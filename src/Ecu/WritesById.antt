-- ===== src/Ecu/WritesById.antt =====
-- The server's answers to commands that write by identifier.
use vdiag_server.Handlers.DidMap.Lookup.{HasEntries}
use vdiag_server.Base.{
  ℕ, ◌≤◌, ◌<◌, ◌≡◌, ◌∙◌, refl, sym, ap, some, List, [], ◌∷◌, take, drop, inl, inr, arith,
}
use vdiag_server.Base.Ptr.{Ptr}
use vdiag_server.Can.{CanMessage, byte, put, IsMessage}
use vdiag_server.Config.{EcuConfig}
use vdiag_server.Os.{Os}
use vdiag_server.Os.Files.{View, IsRegular, splice}
use vdiag_server.Uds.Codes.{code, Nrc, UdsError}
use vdiag_server.Uds.Interface.{Locals}
use vdiag_server.Handlers.Std.{Machine}
use vdiag_server.Handlers.Std.ById.{with_globals}
use vdiag_server.Handlers.Std.Refused.{IsRefused, write_by_identifier_refused}
use vdiag_server.Handlers.Std.Write.{memory_file}
use vdiag_server.Handlers.Std.WriteById.{write_by_identifier_lem}
use vdiag_server.Server.{zero_message}
use vdiag_server.Ecu.{Ecu, write_identifier, answer_command}
use vdiag_server.Ecu.Requests.{Asks, Ready, Stands, Answered}
use vdiag_server.Ecu.Promises.{payload-put_zero, put_zero-Fits, promised_write_identifier}

module _ (os : Os) (v : View os) (reg : IsRegular os v) (stale : Ptr → Ptr) (c : EcuConfig) where
  -- A refusal leaves a machine that stands for the same ECU.
  refused_write :
      (l : Locals) (req : CanMessage) (m : Machine os.State) (e : Ecu) (rc : Nrc)
      → HasEntries c
      → IsMessage req
      → byte req 0 ≡ 0x2e
      → 0 < req.usz
      → Stands os v c m e
      → IsRefused m req rc
      → Answered os v stale c l req m (0x7f ∷ 0x2e ∷ code rc ∷ []) e
  refused_write l req m e rc counted msg sid some_byte w why =
      let (t, table, ran, same) =
        write_by_identifier_refused os v reg stale l m req zero_message rc msg some_byte sid
          (rw w.config counted) why in
      (
        UdsError.no_error,
        put zero_message (0x7f ∷ 0x2e ∷ code rc ∷ []) 3,
        with_globals m t table,
        ran,
        payload-put_zero (0x7f ∷ 0x2e ∷ code rc ∷ []) 3 refl (omega arith),
        put_zero-Fits (0x7f ∷ 0x2e ∷ code rc ∷ []) 3 (omega arith),
        record {
          config = w.config;
          session = w.session;
          memory = same.content c.memory.file_path ∙ w.memory;
          spare = same.spare ∙ w.spare;
        },
      )

  pub write_identifier_answered :
      (l : Locals) (req : CanMessage) (hi lo : ℕ) (new : List ℕ) (m : Machine os.State) (e e' : Ecu)
      (bytes : List ℕ)
      → c.memory.end_addr < 4294967296
      → HasEntries c
      → IsMessage req
      → Stands os v c m e
      → Asks req (write_identifier hi lo new)
      → Ready c l (write_identifier hi lo new)
      → answer_command c (write_identifier hi lo new) e ≡ some (bytes, e')
      → Answered os v stale c l req m bytes e'
  unfolding code
  write_identifier_answered l req hi lo new m e e' bytes small counted msg w
        (sid, size, is_hi, is_lo, sent) ready said =
      let long : 3 ≤ req.usz = omega (arith, size) in
      let some_byte : 0 < req.usz = omega (arith, size) in
      elim (promised_write_identifier c hi lo new e e' bytes said) [
        | inl (locked, reply, same) ↦
            rw (reply, same)
              (refused_write l req m e Nrc.service_not_supported_in_session counted msg sid
                some_byte w (inr (inl (long, (λ x. locked (sym w.session ∙ x)), refl))))
        | inr (inl (extended, missing, reply, same)) ↦
            rw (reply, same)
              (refused_write l req m e Nrc.request_out_of_range counted msg sid some_byte w
                (inr (inr (long, w.session ∙ extended, rw (w.config, is_hi, is_lo) missing, refl))))
        | inr (inr (extended, (d, entry, p))) ↦
            let con : v.content m.globals.fs (memory_file m) ≡ some e.memory =
              rw w.config w.memory in
            let new_bytes : take d.size (drop 3 req.pdata) ≡ new = rw p.whole sent in
            let (t, table, ran, wrote) =
              write_by_identifier_lem os v reg stale l m req zero_message d e.memory msg long sid
                (w.session ∙ extended) (rw w.config counted) (rw (w.config, is_hi, is_lo) entry)
                (rw w.config ready) (omega (arith, p.below)) p.some_byte (omega (arith, p.few)) con
                (omega (arith, p.spare, w.spare)) p.room in
            (
              UdsError.no_error,
              put zero_message (0x6e ∷ byte req 1 ∷ byte req 2 ∷ []) 3,
              with_globals m t table,
              ran,
              payload-put_zero (0x6e ∷ byte req 1 ∷ byte req 2 ∷ []) 3 refl (omega arith)
                  ∙ rw (is_hi, is_lo) (sym p.found),
              put_zero-Fits (0x6e ∷ byte req 1 ∷ byte req 2 ∷ []) 3 (omega arith),
              record {
                config = w.config;
                session = w.session ∙ sym p.same_session;
                memory =
                    ap (λ (k : EcuConfig). v.content t k.memory.file_path) (sym w.config)
                    ∙ wrote.content
                    ∙ ap (λ (bs : List ℕ). some (splice d.address bs e.memory)) new_bytes
                    ∙ ap some (sym p.grown);
                spare = wrote.spare ∙ w.spare ∙ sym p.after;
              },
            )
      ]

Problem to work on >>
The required output is the complete set of records, reproduced exactly.

Solution >>
filename src/Ecu/WritesById.antt
-- ===== src/Ecu/WritesById.antt =====
-- The server's answers to commands that write by identifier.
use vdiag_server.Handlers.DidMap.Lookup.{HasEntries}
use vdiag_server.Base.{
  ℕ, ◌≤◌, ◌<◌, ◌≡◌, ◌∙◌, refl, sym, ap, some, List, [], ◌∷◌, take, drop, inl, inr, arith,
}
use vdiag_server.Base.Ptr.{Ptr}
use vdiag_server.Can.{CanMessage, byte, put, IsMessage}
use vdiag_server.Config.{EcuConfig}
use vdiag_server.Os.{Os}
use vdiag_server.Os.Files.{View, IsRegular, splice}
use vdiag_server.Uds.Codes.{code, Nrc, UdsError}
use vdiag_server.Uds.Interface.{Locals}
use vdiag_server.Handlers.Std.{Machine}
use vdiag_server.Handlers.Std.ById.{with_globals}
use vdiag_server.Handlers.Std.Refused.{IsRefused, write_by_identifier_refused}
use vdiag_server.Handlers.Std.Write.{memory_file}
use vdiag_server.Handlers.Std.WriteById.{write_by_identifier_lem}
use vdiag_server.Server.{zero_message}
use vdiag_server.Ecu.{Ecu, write_identifier, answer_command}
use vdiag_server.Ecu.Requests.{Asks, Ready, Stands, Answered}
use vdiag_server.Ecu.Promises.{payload-put_zero, put_zero-Fits, promised_write_identifier}

module _ (os : Os) (v : View os) (reg : IsRegular os v) (stale : Ptr → Ptr) (c : EcuConfig) where
  -- A refusal leaves a machine that stands for the same ECU.
  refused_write :
      (l : Locals) (req : CanMessage) (m : Machine os.State) (e : Ecu) (rc : Nrc)
      → HasEntries c
      → IsMessage req
      → byte req 0 ≡ 0x2e
      → 0 < req.usz
      → Stands os v c m e
      → IsRefused m req rc
      → Answered os v stale c l req m (0x7f ∷ 0x2e ∷ code rc ∷ []) e
  refused_write l req m e rc counted msg sid some_byte w why =
      let (t, table, ran, same) =
        write_by_identifier_refused os v reg stale l m req zero_message rc msg some_byte sid
          (rw w.config counted) why in
      (
        UdsError.no_error,
        put zero_message (0x7f ∷ 0x2e ∷ code rc ∷ []) 3,
        with_globals m t table,
        ran,
        payload-put_zero (0x7f ∷ 0x2e ∷ code rc ∷ []) 3 refl (omega arith),
        put_zero-Fits (0x7f ∷ 0x2e ∷ code rc ∷ []) 3 (omega arith),
        record {
          config = w.config;
          session = w.session;
          memory = same.content c.memory.file_path ∙ w.memory;
          spare = same.spare ∙ w.spare;
        },
      )

  pub write_identifier_answered :
      (l : Locals) (req : CanMessage) (hi lo : ℕ) (new : List ℕ) (m : Machine os.State) (e e' : Ecu)
      (bytes : List ℕ)
      → c.memory.end_addr < 4294967296
      → HasEntries c
      → IsMessage req
      → Stands os v c m e
      → Asks req (write_identifier hi lo new)
      → Ready c l (write_identifier hi lo new)
      → answer_command c (write_identifier hi lo new) e ≡ some (bytes, e')
      → Answered os v stale c l req m bytes e'
  unfolding code
  write_identifier_answered l req hi lo new m e e' bytes small counted msg w
        (sid, size, is_hi, is_lo, sent) ready said =
      let long : 3 ≤ req.usz = omega (arith, size) in
      let some_byte : 0 < req.usz = omega (arith, size) in
      elim (promised_write_identifier c hi lo new e e' bytes said) [
        | inl (locked, reply, same) ↦
            rw (reply, same)
              (refused_write l req m e Nrc.service_not_supported_in_session counted msg sid
                some_byte w (inr (inl (long, (λ x. locked (sym w.session ∙ x)), refl))))
        | inr (inl (extended, missing, reply, same)) ↦
            rw (reply, same)
              (refused_write l req m e Nrc.request_out_of_range counted msg sid some_byte w
                (inr (inr (long, w.session ∙ extended, rw (w.config, is_hi, is_lo) missing, refl))))
        | inr (inr (extended, (d, entry, p))) ↦
            let con : v.content m.globals.fs (memory_file m) ≡ some e.memory =
              rw w.config w.memory in
            let new_bytes : take d.size (drop 3 req.pdata) ≡ new = rw p.whole sent in
            let (t, table, ran, wrote) =
              write_by_identifier_lem os v reg stale l m req zero_message d e.memory msg long sid
                (w.session ∙ extended) (rw w.config counted) (rw (w.config, is_hi, is_lo) entry)
                (rw w.config ready) (omega (arith, p.below)) p.some_byte (omega (arith, p.few)) con
                (omega (arith, p.spare, w.spare)) p.room in
            (
              UdsError.no_error,
              put zero_message (0x6e ∷ byte req 1 ∷ byte req 2 ∷ []) 3,
              with_globals m t table,
              ran,
              payload-put_zero (0x6e ∷ byte req 1 ∷ byte req 2 ∷ []) 3 refl (omega arith)
                  ∙ rw (is_hi, is_lo) (sym p.found),
              put_zero-Fits (0x6e ∷ byte req 1 ∷ byte req 2 ∷ []) 3 (omega arith),
              record {
                config = w.config;
                session = w.session ∙ sym p.same_session;
                memory =
                    ap (λ (k : EcuConfig). v.content t k.memory.file_path) (sym w.config)
                    ∙ wrote.content
                    ∙ ap (λ (bs : List ℕ). some (splice d.address bs e.memory)) new_bytes
                    ∙ ap some (sym p.grown);
                spare = wrote.spare ∙ w.spare ∙ sym p.after;
              },
            )
      ]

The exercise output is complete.